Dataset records
--*--
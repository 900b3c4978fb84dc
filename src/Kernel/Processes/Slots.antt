-- ===== src/Kernel/Processes/Slots.antt =====
-- The slots of `ProcessManager` in kernel/SharedResources/Process.cpp: which are empty, and what a new and
-- a freed process do to them.
use cs16mem_model_vm.Base.{
  ℕ, zero, suc, ◌<◌, ◌≡◌, ◌≢◌, ◌⊎◌, inl, inr, refl, ap, sym, ◌∙◌, subst, Option, none, some, List,
  [], ◌∷◌, ◌++◌, get_elem?, set, length, Among, Distinct, arith, Option-cases, ℕ_discrete,
  get_elem?-set_self, get_elem?-set_ne, get_elem?-append_self, get_elem?-append_ne, get_elem?_past,
  lt_of_get_elem?,
}
use cs16mem_model_vm.Machine.Trap.{ok}
use cs16mem_model_vm.Kernel.Processes.{Pcb, Processes, flatten, process_at, drop_last, last, place}

-- The table of processes: each process knows its slot, and the free ids are the empty slots, each once.
pub record IsTable (s : Processes) : Type 0 where
  pub knows : (i : ℕ) (p : Pcb) → process_at s i ≡ some p → p.pid ≡ i
  pub listed : (i : ℕ) → get_elem? s.processes i ≡ some none → Among i s.free_pids
  pub vacant : (i : ℕ) → Among i s.free_pids → get_elem? s.processes i ≡ some none
  pub once : Distinct s.free_pids

module _ {ℓ} {A : Type ℓ} where
  pub length-drop_last : (x : A) (xs : List A) → suc (length (drop_last (x ∷ xs))) ≡ length (x ∷ xs)
  length-drop_last x [] = refl
  length-drop_last x (y ∷ xs) = ap suc (length-drop_last y xs)

  pub get_elem?-drop_last :
      (xs : List A) (i : ℕ) → suc i < length xs → get_elem? (drop_last xs) i ≡ get_elem? xs i
  get_elem?-drop_last [] i h = refl
  get_elem?-drop_last (x ∷ []) i h = absurd (omega arith)
  get_elem?-drop_last (x ∷ y ∷ xs) zero h = refl
  get_elem?-drop_last (x ∷ y ∷ xs) (suc i) h = get_elem?-drop_last (y ∷ xs) i (omega arith)

Among-last : (x : ℕ) (xs : List ℕ) → last xs ≡ some x → Among x xs
Among-last x [] e = cc
Among-last x (y ∷ []) e = inl (ground arith)
Among-last x (y ∷ z ∷ xs) e = inr (Among-last x (z ∷ xs) e)

Among-drop_last : (i : ℕ) (xs : List ℕ) → Among i (drop_last xs) → Among i xs
Among-drop_last i [] h = h
Among-drop_last i (y ∷ []) h = absurd h
Among-drop_last i (y ∷ z ∷ xs) (inl e) = inl e
Among-drop_last i (y ∷ z ∷ xs) (inr h) = inr (Among-drop_last i (z ∷ xs) h)

drop_last-Distinct : (xs : List ℕ) → Distinct xs → Distinct (drop_last xs)
drop_last-Distinct [] d = tt
drop_last-Distinct (y ∷ []) d = tt
drop_last-Distinct (y ∷ z ∷ xs) d =
    (λ h. d.0 (Among-drop_last y (z ∷ xs) h), drop_last-Distinct (z ∷ xs) d.1)

last-not-Among : (x : ℕ) (xs : List ℕ) → last xs ≡ some x → Distinct xs → ¬ Among x (drop_last xs)
last-not-Among x [] e d h = h
last-not-Among x (y ∷ []) e d h = h
last-not-Among x (y ∷ z ∷ xs) e d (inl q) =
    d.0 (subst (λ n. Among n (z ∷ xs)) q (Among-last x (z ∷ xs) e))
last-not-Among x (y ∷ z ∷ xs) e d (inr h) = last-not-Among x (z ∷ xs) e d.1 h

Among-kept :
    (i x : ℕ) (xs : List ℕ) → last xs ≡ some x → i ≢ x → Among i xs → Among i (drop_last xs)
Among-kept i x [] e n h = h
Among-kept i x (y ∷ []) e n h = ground arith
Among-kept i x (y ∷ z ∷ xs) e n (inl q) = inl q
Among-kept i x (y ∷ z ∷ xs) e n (inr h) = inr (Among-kept i x (z ∷ xs) e n h)

pub Among-append : (i x : ℕ) (xs : List ℕ) → Among i (xs ++ x ∷ []) → Among i xs ⊎ (i ≡ x)
Among-append i x [] (inl e) = inr e
Among-append i x [] (inr h) = absurd h
Among-append i x (y ∷ xs) (inl e) = inl (inl e)
Among-append i x (y ∷ xs) (inr h) = ground (arith, Among-append i x xs h)

pub append-Among : (i x : ℕ) (xs : List ℕ) → Among i xs ⊎ (i ≡ x) → Among i (xs ++ x ∷ [])
append-Among i x [] (inl h) = absurd h
append-Among i x [] (inr e) = inl e
append-Among i x (y ∷ xs) (inl (inl e)) = inl e
append-Among i x (y ∷ xs) (inl (inr h)) = inr (append-Among i x xs (inl h))
append-Among i x (y ∷ xs) (inr e) = inr (append-Among i x xs (inr e))

pub append-Distinct : (x : ℕ) (xs : List ℕ) → Distinct xs → ¬ Among x xs → Distinct (xs ++ x ∷ [])
append-Distinct x [] d n = (λ h. h, tt)
append-Distinct x (y ∷ xs) d n = (
  λ h. elim (Among-append y x xs h) [ inl q ↦ d.0 q | inr e ↦ n (inl (sym e)) ],
  append-Distinct x xs d.1 (λ h. n (inr h)),
)

last-none : (xs : List ℕ) → last xs ≡ none → xs ≡ []
last-none [] e = refl
last-none (y ∷ []) e = cc
last-none (y ∷ z ∷ xs) e = ground (arith, last-none (z ∷ xs) e)

-- The slot of an id holds a process, or none; the other slots are as they were.
pub record Slot (s s' : Processes) (pid : ℕ) (o : Option Pcb) : Type 0 where
  pub self : process_at s' pid ≡ o
  pub other : (i : ℕ) → i ≢ pid → process_at s' i ≡ process_at s i

-- A table stays one when an empty slot, or a new one, is filled and its id is no longer free.
filled :
    (s s' : Processes) (pid : ℕ) (p : Pcb)
    → IsTable s
    → p.pid ≡ pid
    → get_elem? s'.processes pid ≡ some (some p)
    → ((i : ℕ) → i ≢ pid → get_elem? s'.processes i ≡ get_elem? s.processes i)
    → ((i : ℕ) → i ≢ pid → Among i s.free_pids → Among i s'.free_pids)
    → ((i : ℕ) → Among i s'.free_pids → (i ≢ pid) × Among i s.free_pids)
    → Distinct s'.free_pids
    → IsTable s'
filled s s' pid p t own self other kept was once = record {
  knows = λ i q e. elim (ℕ_discrete i pid) [
    | yes same ↦
        let held : some p ≡ some q =
          sym (ap flatten self) ∙ subst (λ n. process_at s' n ≡ some q) same e in
        cc
    | no n ↦ t.knows i q (sym (ap flatten (other i n)) ∙ e)
  ];
  listed = λ i e. elim (ℕ_discrete i pid) [
    | yes same ↦
        let held : some (some p) ≡ some none =
          sym self ∙ subst (λ n. get_elem? s'.processes n ≡ some none) same e in
        cc
    | no n ↦ kept i n (t.listed i (sym (other i n) ∙ e))
  ];
  vacant = λ i a. let (n, b) = was i a in other i n ∙ t.vacant i b;
  once = once;
}

-- A new process goes to an empty slot, or to a new one at the end; it knows its id, no other slot
-- changes, and the free ids stay the empty slots. The memory manager, the address space
-- identifiers and physical memory stay.
pub place-IsTable :
    (p : Pcb) (s : Processes)
    → IsTable s
    → (pid : ℕ) × ((s' : Processes) × ((place p s ≡ ok (pid, s'))
          × ((process_at s pid ≡ none)
              × ((Slot s s' pid (some (record p { pid = pid })) × IsTable s')
                  × ((s'.memory ≡ s.memory)
                      × ((s'.reserved_asids ≡ s.reserved_asids) × (s'.physical ≡ s.physical)))))))
unfolding place
place-IsTable p s t = elim (Option-cases (last s.free_pids)) [
  | inl e ↦
      let n = length s.processes in
      let q = record p { pid = n } in
      let s' = record s { processes = s.processes ++ some q ∷ [] } in
      let self = get_elem?-append_self s.processes (some q) in
      let other : (i : ℕ) → i ≢ n → get_elem? s'.processes i ≡ get_elem? s.processes i =
        get_elem?-append_ne s.processes (some q) in
      (
        n,
        (
          s',
          (
            rw (place, e) refl,
            (
              ap flatten (get_elem?_past s.processes n (omega arith)),
              (
                (
                  record { self = ap flatten self; other = λ i d. ap flatten (other i d) },
                  filled s s' n q t refl self other (λ i d a. a)
                      (λ i a. (
                        λ same. omega (arith, lt_of_get_elem? s.processes i (t.vacant i a), same),
                        a,
                      ))
                      t.once,
                ),
                (refl, (refl, refl)),
              ),
            ),
          ),
        ),
      )
  | inr (pid, e) ↦
      let empty = t.vacant pid (Among-last pid s.free_pids e) in
      let q = record p { pid = pid } in
      let s' = record s {
        processes = set s.processes pid (some q);
        free_pids = drop_last s.free_pids;
      } in
      let self =
        get_elem?-set_self s.processes pid (some q) (lt_of_get_elem? s.processes pid empty) in
      let other : (i : ℕ) → i ≢ pid → get_elem? s'.processes i ≡ get_elem? s.processes i =
        λ i d. get_elem?-set_ne s.processes pid i (some q) (λ same. d (sym same)) in
      (
        pid,
        (
          s',
          (
            rw (place, e, empty) refl,
            (
              ap flatten empty,
              (
                (
                  record { self = ap flatten self; other = λ i d. ap flatten (other i d) },
                  filled s s' pid q t refl self other (λ i d. Among-kept i pid s.free_pids e d)
                      (λ i a. (
                        λ same.
                            last-not-Among pid s.free_pids e t.once
                              (subst (λ n. Among n (drop_last s.free_pids)) same a),
                        Among-drop_last i s.free_pids a,
                      ))
                      (drop_last-Distinct s.free_pids t.once),
                ),
                (refl, (refl, refl)),
              ),
            ),
          ),
        ),
      )
]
--*--
Search the data for "λ same. omega". Beginning with that line, set down every line through the last exactly.

                        λ same. omega (arith, lt_of_get_elem? s.processes i (t.vacant i a), same),
                        a,
                      ))
                      t.once,
                ),
                (refl, (refl, refl)),
              ),
            ),
          ),
        ),
      )
  | inr (pid, e) ↦
      let empty = t.vacant pid (Among-last pid s.free_pids e) in
      let q = record p { pid = pid } in
      let s' = record s {
        processes = set s.processes pid (some q);
        free_pids = drop_last s.free_pids;
      } in
      let self =
        get_elem?-set_self s.processes pid (some q) (lt_of_get_elem? s.processes pid empty) in
      let other : (i : ℕ) → i ≢ pid → get_elem? s'.processes i ≡ get_elem? s.processes i =
        λ i d. get_elem?-set_ne s.processes pid i (some q) (λ same. d (sym same)) in
      (
        pid,
        (
          s',
          (
            rw (place, e, empty) refl,
            (
              ap flatten empty,
              (
                (
                  record { self = ap flatten self; other = λ i d. ap flatten (other i d) },
                  filled s s' pid q t refl self other (λ i d. Among-kept i pid s.free_pids e d)
                      (λ i a. (
                        λ same.
                            last-not-Among pid s.free_pids e t.once
                              (subst (λ n. Among n (drop_last s.free_pids)) same a),
                        Among-drop_last i s.free_pids a,
                      ))
                      (drop_last-Distinct s.free_pids t.once),
                ),
                (refl, (refl, refl)),
              ),
            ),
          ),
        ),
      )
]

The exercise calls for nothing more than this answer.